Renewable energy has transformed how we think about power generation—but when it comes to replacing fossil fuels across every corner of the economy, the picture gets more complicated. The electricity grid is getting cleaner, solar and wind capacity is growing fast, and public momentum behind the energy transition has never been stronger. Yet for large parts of industry, the shift to clean energy remains frustratingly slow, and the reasons why are worth understanding clearly.

This article tackles the most common questions people ask about renewable energy’s limitations—from storage challenges and industrial heat to how emerging technologies like iron fuel are changing the equation. Whether you are a sustainability professional navigating decarbonization targets or simply curious about where the energy transition is heading, these answers cut through the noise.

What is the biggest problem with renewable energy today?

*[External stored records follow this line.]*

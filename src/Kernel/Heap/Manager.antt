-- ===== src/Kernel/Heap/Manager.antt =====
-- `GuestHeapManager` of guest_heap.hpp and guest_heap.cpp: the default heap and the secondary heaps,
-- a map from handles, which are base addresses. `GetHeap` returns the heap's value.
use xblob_emulator.Kernel.Heap.{GuestHeap, reset, guest_heap}
use xblob_emulator.Common.{invalid_argument, Result, ok, fail}
use xblob_emulator.Prelude.{
  ℕ, ◌*◌, ◌/◌, ◌%◌, ◌^◌, ◌≡◌, sym, ap, ◌∙◌, ◌≢◌, false, ◌||◌, Option, none, some, List, [], ◌∷◌,
  arith, ltb, ◌==◌, if◌then◌else◌, u32_mod, add32, add64,
}

pub record GuestHeapManager : Type 0 where
  pub default_heap : GuestHeap
  pub secondary_heaps : List (ℕ × GuestHeap)
  pub next_secondary_base : ℕ

unfoldable pub guest_heap_manager : ℕ → ℕ → GuestHeapManager
guest_heap_manager default_base default_size = record {
  default_heap = guest_heap default_base default_size 8;
  secondary_heaps = [];
  next_secondary_base = 0x20000000;
}

unfoldable pub reset_all : GuestHeapManager → GuestHeapManager
reset_all m = record {
  default_heap = reset m.default_heap;
  secondary_heaps = [];
  next_secondary_base = 0x20000000;
}

unfoldable pub find_heap : ℕ → List (ℕ × GuestHeap) → Option GuestHeap
find_heap handle [] = none
find_heap handle ((key, h) ∷ hs) = if key == handle then some h else find_heap handle hs

unfoldable pub put_heap : ℕ → GuestHeap → List (ℕ × GuestHeap) → List (ℕ × GuestHeap)
put_heap handle h [] = (handle, h) ∷ []
put_heap handle h ((key, old) ∷ hs) =
    if key == handle
    then (handle, h) ∷ hs
    else if ltb handle key
    then (handle, h) ∷ (key, old) ∷ hs
    else (key, old) ∷ put_heap handle h hs

unfoldable pub erase_heap : ℕ → List (ℕ × GuestHeap) → List (ℕ × GuestHeap)
erase_heap handle [] = []
erase_heap handle ((key, h) ∷ hs) = if key == handle then hs else (key, h) ∷ erase_heap handle hs

-- `static_cast<u32>((size + 0xFFFF) & ~0xFFFF)`.
abbrev rounded : ℕ → ℕ
rounded size = add64 size 0xFFFF / 2 ^ 16 * 2 ^ 16 % u32_mod

unfoldable pub create_heap : GuestHeapManager → ℕ → ℕ → ℕ → GuestHeapManager × Result ℕ
create_heap m base size alignment =
    let target_base = if base == 0 then m.next_secondary_base else base in
    (
      record m {
        secondary_heaps =
            put_heap target_base (guest_heap target_base size alignment) m.secondary_heaps;
        next_secondary_base =
            if base == 0 then add32 m.next_secondary_base (rounded size) else m.next_secondary_base;
      },
      ok target_base,
    )

unfoldable pub destroy_heap : GuestHeapManager → ℕ → GuestHeapManager × Result (Unit {0})
destroy_heap m handle =
    if handle == m.default_heap.base_addr
    then (m, fail invalid_argument)
    else elim (find_heap handle m.secondary_heaps) [
      | none ↦ (m, fail invalid_argument)
      | some h ↦ (record m { secondary_heaps = erase_heap handle m.secondary_heaps }, ok tt)
    ]

unfoldable pub get_heap : GuestHeapManager → ℕ → Result GuestHeap
get_heap m handle =
    if handle == 0 || handle == m.default_heap.base_addr
    then ok m.default_heap
    else elim (find_heap handle m.secondary_heaps) [ some h ↦ ok h | none ↦ fail invalid_argument ]

find_heap-put_heap_self :
    (handle : ℕ) (h : GuestHeap) (hs : List (ℕ × GuestHeap))
    → find_heap handle (put_heap handle h hs) ≡ some h
unfolding find_heap put_heap
find_heap-put_heap_self handle h [] = ground arith
find_heap-put_heap_self handle h ((key, old) ∷ hs) =
    ground (arith, find_heap-put_heap_self handle h hs)

find_heap-put_heap_ne :
    (handle x : ℕ) (h : GuestHeap) (hs : List (ℕ × GuestHeap))
    → x ≢ handle
    → find_heap x (put_heap handle h hs) ≡ find_heap x hs
unfolding find_heap put_heap
find_heap-put_heap_ne handle x h [] n = ground arith
find_heap-put_heap_ne handle x h ((key, old) ∷ hs) n =
    ground (arith, find_heap-put_heap_ne handle x h hs n)

-- The handle of a new heap finds it, unless it is 0 or the base of the default heap, and every other
-- handle finds what it found.
pub get_heap-create_heap :
    (m : GuestHeapManager) (base size alignment handle : ℕ)
    → (create_heap m base size alignment).1 ≡ ok handle
    → handle ≢ 0
    → handle ≢ m.default_heap.base_addr
    → let m' = (create_heap m base size alignment).0 in
      (get_heap m' handle ≡ ok (guest_heap handle size alignment))
      × ((x : ℕ) → x ≢ handle → get_heap m' x ≡ get_heap m x)
unfolding create_heap get_heap
get_heap-create_heap m base size alignment handle e z d =
    let target = if base == 0 then m.next_secondary_base else base in
    let is : target ≡ handle = ground (arith, e) in
    let made : GuestHeap = guest_heap target size alignment in
    let at : find_heap handle (put_heap target made m.secondary_heaps)
        ≡ some (guest_heap handle size alignment) =
      ap (λ y. find_heap y (put_heap target made m.secondary_heaps)) (sym is)
      ∙ find_heap-put_heap_self target made m.secondary_heaps
      ∙ ap (λ y. some (guest_heap y size alignment)) is in
    let plain : (handle == 0 || handle == m.default_heap.base_addr) ≡ false = ground arith in
    (
      rw (plain, get_heap, at),
      λ x n.
          let ne : x ≢ target = λ k. n (k ∙ is) in
          let kept = find_heap-put_heap_ne target x made m.secondary_heaps ne in
          rw (kept, get_heap),
    )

The biggest problem with renewable energy today is intermittency—the fact that solar and wind only generate power when the sun shines and the wind blows. This mismatch between supply and demand creates a fundamental challenge: energy systems need to be reliable around the clock, but the most abundant renewable sources are inherently variable.

This intermittency problem has knock-on effects across the entire energy system. Grid operators must balance supply and demand in real time, which becomes increasingly difficult as more variable generation is added. When renewable output is high, prices can drop to near zero or even go negative. When output is low, backup capacity—often still fossil-fuelled—has to fill the gap.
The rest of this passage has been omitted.